Never hit your kitten for biting, in fact, never hit your kitten, full stop! Even a small tap on the nose will trigger the wrong emotions. Physical punishment will only train your kitten to fear you. This can also increase aggressive behaviors and trigger even more kitten biting.
Roughly push her away
Pushing your kitten away is another form of physical contact you should avoid. These types of punishment will only make the situation worse. Your kitten might also see this as play and continue biting you. Fear will only teach your kitten to avoid you.
Squirt her with water
Squirting cats with water is another form of punishment you should not use. This will destroy your bond, and again, it will teach your cat to fear you. Kitten biting is normal behavior for kittens, and it should not be punished.
Yell at her
Since cats pick up on our emotions, yelling should be avoided as well. Yelling at your kitten will not stop the behavior. It will make kitten biting episodes even worse.
Remember to trim kitten claws
Another natural instinct for cats is to scratch. Scratching allows cats to stretch, shed dead bits of claws, sharpen claws, and mark their territory. Never declaw your kitten. This is an amputation of the toe, not just the claw. Plus, even declawed cats reserve the urge to scratch.
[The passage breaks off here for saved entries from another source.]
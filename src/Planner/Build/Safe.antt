-- ===== src/Planner/Build/Safe.antt =====
-- What the plan of a pair holds: pruning loses no file, and nothing excluded is planned.
use easy_sftp.Prelude.{
  ◌≡◌, ◌≢◌, arith, eq_bytes_iff, refl, sym, ap, ◌∙◌, Bool, true, false, Bytes, List, [], ◌∷◌, inl,
  inr, Bool-cases, subst, All, All-append, Result, ok, err, >>=-eq-ok,
}
use easy_sftp.SlashPath.{dot, join}
use easy_sftp.Gitignore.Matcher.{GitignoreMatcher, matches_how}
use easy_sftp.Gitignore.Matcher.Plain.{NoNegation}
use easy_sftp.Gitignore.Compile.{has_negation, compile_gitignore}
use easy_sftp.Gitignore.Compile.Negation.{compile_gitignore-NoNegation}
use easy_sftp.Planner.Tree.{
  FileInfo, FileItem, Entry, file, vanished, unreadable, directory, Entries, no_more, entry,
}
use easy_sftp.Planner.Walk.{
  WalkOptions, Found, WalkError, child_rel, is_left_out, visit_file, skips_dir, walk_entry,
  walk_entries, walk_dir, plan_item,
}
use easy_sftp.Planner.Walk.Prune.{walk_dir-pruned}
use easy_sftp.Planner.Build.{
  Strategy, Local, missing, single, tree, Plan, PlanOptions, walk_options, plan_of_walk, build_plan,
  plan_pair,
}

ok-injective : {E A : Type 0} {a b : A} → Path (Result E A) (ok a) (ok b) → a ≡ b
ok-injective e = cc

err_is_not_ok : {E A : Type 0} {e : E} {a : A} → Path (Result E A) (err e) (ok a) → ⊥
err_is_not_ok h = cc

plan_of_walk-ok :
    (s : Strategy) (r : Result WalkError Found) {p : Plan}
    → plan_of_walk s r ≡ ok p
    → (found : Found) × (r ≡ ok found)
unfolding plan_of_walk
plan_of_walk-ok s (err e) h = cc
plan_of_walk-ok s (ok found) h = (found, refl)

module _ (s : Strategy) (local remote : Bytes) (lines : List Bytes) (manifest_name : Bytes)
    (m : GitignoreMatcher) where
  abbrev options : Bool → PlanOptions
  options prune = record { matcher = m; prune_dirs = prune; manifest_name = manifest_name }

  build-pruned :
      (src : Local) {p : Plan}
      → NoNegation m
      → build_plan s local remote (options false) src ≡ ok p
      → build_plan s local remote (options true) src ≡ ok p
  unfolding build_plan
  build-pruned missing plain h = cc
  build-pruned (single base info) plain h = h
  build-pruned (tree root entries) plain h =
      let (found, walked) =
        plan_of_walk-ok s (walk_dir (walk_options root remote (options false)) entries) h in
      ap (plan_of_walk s) (
        walk_dir-pruned (walk_options root remote (options false)) entries plain walked
        ∙ sym walked)
      ∙ h

  -- Where the pair's ignore lines compile, and planning without pruning gives a plan, planning the
  -- pair, which skips excluded directories where no line re-includes, gives the same plan.
  pub plan_pair-whole_walk :
      (src : Local) {p : Plan}
      → compile_gitignore lines ≡ ok m
      → build_plan s local remote
          (record { matcher = m; prune_dirs = false; manifest_name = manifest_name })
          src
        ≡ ok p
      → plan_pair s local remote lines manifest_name src ≡ ok p
  unfolding plan_pair
  plan_pair-whole_walk src compiled h = elim (Bool-cases (has_negation lines)) [
    | inl negated ↦ rw (compiled, plan_pair) (rw negated h)
    | inr plain ↦
        rw (compiled, plan_pair)
          (rw plain (build-pruned src (compile_gitignore-NoNegation lines plain compiled) h))
  ]

-- A planned file is not the manifest, no pattern excludes its path, and it goes from the walked root to the
-- remote base by its relative path.
abbrev pub IsPlanned : WalkOptions → FileItem → Type 0
IsPlanned o f =
    (f.rel ≢ o.manifest_name)
    × ((matches_how o.matcher f.rel false).0 ≡ false)
    × (f.local_path ≡ join o.walk_root f.rel)
    × (f.remote_path ≡ join o.remote_base f.rel)

not_left_out :
    (o : WalkOptions) (rel : Bytes)
    → is_left_out o rel ≡ false
    → (rel ≢ o.manifest_name) × ((matches_how o.matcher rel false).0 ≡ false)
unfolding is_left_out
not_left_out o rel h = (λ e. ground (arith, eq_bytes_iff rel o.manifest_name, e), ground arith)

module _ (o : WalkOptions) where
  visit-IsPlanned :
      (rel : Bytes) (info : FileInfo) (found : Found)
      → All (IsPlanned o) found.files
      → All (IsPlanned o) (visit_file o rel info found).files
  unfolding visit_file
  visit-IsPlanned rel info found h = elim (Bool-cases (is_left_out o rel)) [
    | inl out ↦ rw out h
    | inr kept ↦ elim (Bool-cases info.regular) [
      | inr special ↦ rw (kept, special) h
      | inl regular ↦
          rw (kept, regular)
            (All-append (IsPlanned o) found.files (plan_item o rel info ∷ []) h (
              unfold plan_item in
              (((not_left_out o rel kept).0, (not_left_out o rel kept).1, refl, refl), tt)))
    ]
  ]

  mutual
    unfolding walk_entries

    entry-IsPlanned :
        (e : Entry) (dir : Bytes) (found : Found) {found' : Found}
        → All (IsPlanned o) found.files
        → walk_entry o dir e found ≡ ok found'
        → All (IsPlanned o) found'.files
    entry-IsPlanned (file name info) dir found {found'} h e =
        subst (λ w. All (IsPlanned o) w.files) (ok-injective e)
          (visit-IsPlanned (child_rel dir name) info found h)
    entry-IsPlanned (vanished name) dir found {found'} h e =
        elim (Bool-cases (is_left_out o (child_rel dir name))) [
          | inl out ↦ subst (λ w. All (IsPlanned o) w.files) (ok-injective (rw out at e)) h
          | inr kept ↦ absurd (err_is_not_ok (rw kept at e))
        ]
    entry-IsPlanned (unreadable name) dir found h e = absurd (err_is_not_ok e)
    entry-IsPlanned (directory name entries) dir found {found'} h e =
        elim (Bool-cases (skips_dir o (child_rel dir name))) [
          | inl skip ↦ subst (λ w. All (IsPlanned o) w.files) (ok-injective (rw skip at e)) h
          | inr descend ↦ entries-IsPlanned entries (child_rel dir name) found h (rw descend at e)
        ]

    entries-IsPlanned :
        (es : Entries) (dir : Bytes) (found : Found) {found' : Found}
        → All (IsPlanned o) found.files
        → walk_entries o dir es found ≡ ok found'
        → All (IsPlanned o) found'.files
    entries-IsPlanned no_more dir found {found'} h e =
        subst (λ w. All (IsPlanned o) w.files) (ok-injective e) h
    entries-IsPlanned (entry e es) dir found h walked =
        let (middle, first, rest) = >>=-eq-ok (walk_entry o dir e found) _ walked in
        entries-IsPlanned es dir middle (entry-IsPlanned e dir found h first) rest

-- Where a directory is planned, the relative path of every file of the plan is not the manifest's
-- name, and the patterns do not exclude it. Its local path is the walked root joined with its relative
-- path, its remote path the remote base joined with its relative path.
pub build_plan-IsPlanned :
    (s : Strategy) (local remote : Bytes) (o : PlanOptions) (root : Bytes) (entries : Entries)
    {p : Plan}
    → build_plan s local remote o (tree root entries) ≡ ok p
    → All (IsPlanned (walk_options root remote o)) p.files
unfolding build_plan plan_of_walk walk_dir
build_plan-IsPlanned s local remote o root entries {p} h =
    let w = walk_options root remote o in
    let (found, walked) = plan_of_walk-ok s (walk_dir w entries) h in
    let planned =
      entries-IsPlanned w entries dot (record { files = []; skipped_non_regular = 0 }) tt walked in
    subst (λ q. All (IsPlanned w) q.files) (ok-injective (sym (ap (plan_of_walk s) walked) ∙ h))
      planned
Trimming your kitten's claws should become part of your regular routine. If you train kittens early, this will become an easy task.
Trim in a quiet area
Trimming in a quiet area will allow your kitten to relax and remain calm. Avoid areas near the window to make sure she can't be distracted. It is best to trim when your kitten is sleepy or full after a meal. You should sit your kitten in your lap facing away from you when it's time to trim.
Acclimate to paw touching
Cats don't like their paws touched, so it's important to ease into it and train your kitten early. Get your kitten used to paw touching by massaging her paws lightly. Press the toe lightly so the claw pops out and immediately reward with a treat. If your kitten pulls away, stop. Take baby steps so your kitten doesn't learn to fear the nail clipper.
Get used to the clipper
The sound of the clipping claw may startle your kitten. Massage your kitten's paw and extend her claw. Before you clip her claw, clip a piece of uncooked spaghetti instead. Reward your kitten with a treat. This will teach her that a calm behavior around the clipper receives a yummy reward.
Be aware of the quick
The quick of the claw contains nerves and blood vessels. This is the light pink part that you see inside the claw. If you clip the quick, it will bleed, and it's very painful for your cat. Always trim the white part of the claw only.
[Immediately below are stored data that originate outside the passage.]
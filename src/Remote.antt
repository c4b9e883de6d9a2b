-- ===== src/Remote.antt =====
-- internal/uploader/remote.go: the guards on remote paths and on deletions.
pub mod Guard
pub mod Confine
pub mod Budget
pub mod Dirs
pub mod Delete
pub mod Create
pub mod Listing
Final Thoughts on How to Stop a Kitten From Biting
If kitten biting problems persist, you should get advice from your veterinarian. Cats are masters at hiding pain because a sign of weakness makes them an easy target for predators. Some health disorders can affect behavior.
If your kitten gets a clean bill of health, then his aggressive biting is behavioral. Try to find out what the triggers are to avoid this aggressive behavior. Is it play aggression or petting related? Some cats get overstimulated during play or petting, and it's helpful to know the trigger to avoid unwanted biting.
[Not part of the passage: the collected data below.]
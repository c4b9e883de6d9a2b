-- ===== src/Remote/Budget.antt =====
-- deleteBudget of internal/uploader/remote.go: safety.max_deletes, charged by the deletions of
-- deployed files and directories. Each method holds the mutex throughout, so a call is one step.
pub mod Runs
use easy_sftp.Prelude.{
  ℕ, ◌+◌, ◌-◌, ltb, leb, ◌&&◌, Bool, true, false, if◌then◌else◌, Result, ok, err,
}

pub record DeleteBudget : Type 0 where
  pub limit : ℕ  -- 0 means unlimited
  pub spent : ℕ

-- The two messages of a refusal, with the numbers that they print.
pub data OverLimit : Type 0 where
  more_past_limit : ℕ → ℕ → ℕ → OverLimit
  past_limit : ℕ → ℕ → OverLimit

-- newDeleteBudget
unfoldable pub new_delete_budget : ℕ → DeleteBudget
new_delete_budget max_deletes = record { limit = max_deletes; spent = 0 }

-- reserve
unfoldable pub reserve : ℕ → DeleteBudget → DeleteBudget × Result OverLimit (Unit {0})
reserve n b =
    if ltb 0 b.limit && ltb b.limit (b.spent + n)
    then (
      b,
      (if ltb 0 b.spent
          then err (more_past_limit n b.spent b.limit)
          else err (past_limit n b.limit)),
    )
    else (record b { spent = b.spent + n }, ok tt)

-- take
unfoldable pub take_one : DeleteBudget → DeleteBudget × Bool
take_one b =
    if ltb 0 b.limit && leb b.limit b.spent
    then (b, false)
    else (record b { spent = b.spent + 1 }, true)

-- refund
unfoldable pub refund : DeleteBudget → DeleteBudget
refund b = if ltb 0 b.spent then record b { spent = b.spent - 1 } else b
Always make sure to provide your kitten with proper exercise and playtime using interactive toys that assist in kitten biting training. These interactive toys allow your kitten to have the hunting experience indoors. Use a bunch of different toys on rotation to keep playtime fresh.
Enrichment and mental stimulation are crucial for indoor cats and kittens. Both can help prevent boredom, behavioral issues, and stress.
Never punish your kitten for biting. Punishment will only teach your kitten to fear you, and it can worsen aggressive behavior. Provide plenty of places to scratch, and trim your kitten's nails regularly. We need to encourage natural instincts so our kittens live a happy life indoors.